Stored data
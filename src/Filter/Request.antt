-- ===== src/Filter/Request.antt =====
-- The filter of a search request (milli/src/search/facet/filter.rs, `Filter::from_array` and
-- `Filter::from_str`). `parse` stands for `FilterCondition::parse` of the filter parser: it takes any
-- rule to a tree, to nothing for a blank rule, or to a rendered error.
pub mod Combined
use milli.Base.{ℕ, List, [], ◌∷◌, Option, none, some}
use milli.Base.Results.{Result, ok, err, ◌>>=◌}
use milli.Filter.{FilterCondition, or, and, token_at_depth}

abbrev pub max_filter_depth : ℕ
max_filter_depth = 2000

-- `too_deep` carries the token that `as_external_error` puts the error at.
pub data Error (T E : Type 0) : Type 0 where
  too_deep : T → Error T E
  invalid_filter : E → Error T E

-- `Either::Left` of rules that are joined by `or`, or `Either::Right` of one rule.
pub data Entry (R : Type 0) : Type 0 where
  left : List R → Entry R
  right : R → Entry R

abbrev pub Checked : Type 0 → Type 0 → Type 0
Checked T E = Result (Error T E) (Option (FilterCondition T))

module _ {T E : Type 0} where
  check_token : FilterCondition T → Option T → Checked T E
  check_token f (some token) = err (too_deep token)
  check_token f none = ok (some f)

  unfoldable pub check_depth : Option (FilterCondition T) → Checked T E
  unfolding check_token
  check_depth none = ok none
  check_depth (some f) = check_token f (token_at_depth f max_filter_depth)

  check_parsed : Result E (Option (FilterCondition T)) → Checked T E
  check_parsed (ok f) = check_depth f
  check_parsed (err e) = err (invalid_filter e)

module _ {T : Type 0} where
  unfoldable pub join_or :
      Option (FilterCondition T) → Option (FilterCondition T) → Option (FilterCondition T)
  join_or ors none = ors
  join_or none (some f) = some f
  join_or (some g) (some f) = some (or g f)

  unfoldable pub join_and :
      Option (FilterCondition T) → Option (FilterCondition T) → Option (FilterCondition T)
  join_and ands none = ands
  join_and none (some f) = some f
  join_and (some g) (some f) = some (and g f)

module _ {T E R : Type 0} (parse : R → Result E (Option (FilterCondition T))) where
  unfoldable pub from_str : R → Checked T E
  unfolding check_parsed check_depth
  from_str rule = check_parsed (parse rule)

  -- The loop over the rules of a `Left`.
  unfoldable pub or_rules : List R → Option (FilterCondition T) → Checked T E
  unfolding join_or
  or_rules [] ors = ok ors
  or_rules (rule ∷ rules) ors = from_str rule >>= λ f. or_rules rules (join_or ors f)

  -- One round of the loop over the array.
  unfoldable pub entry_filter : Entry R → Checked T E
  entry_filter (left rules) = or_rules rules none
  entry_filter (right rule) = from_str rule

  unfoldable pub and_entries : List (Entry R) → Option (FilterCondition T) → Checked T E
  unfolding join_and
  and_entries [] ands = ok ands
  and_entries (entry ∷ entries) ands =
      entry_filter entry >>= λ f. and_entries entries (join_and ands f)

  unfoldable pub from_array : List (Entry R) → Checked T E
  unfolding check_depth
  from_array array = and_entries array none >>= check_depth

> [Work task]:
Lines from the one that contains "and_entries (entry ∷" through the final line of the entries must be duplicated exactly, and no other lines.

> [Task response]:
  and_entries (entry ∷ entries) ands =
      entry_filter entry >>= λ f. and_entries entries (join_and ands f)

  unfoldable pub from_array : List (Entry R) → Checked T E
  unfolding check_depth
  from_array array = and_entries array none >>= check_depth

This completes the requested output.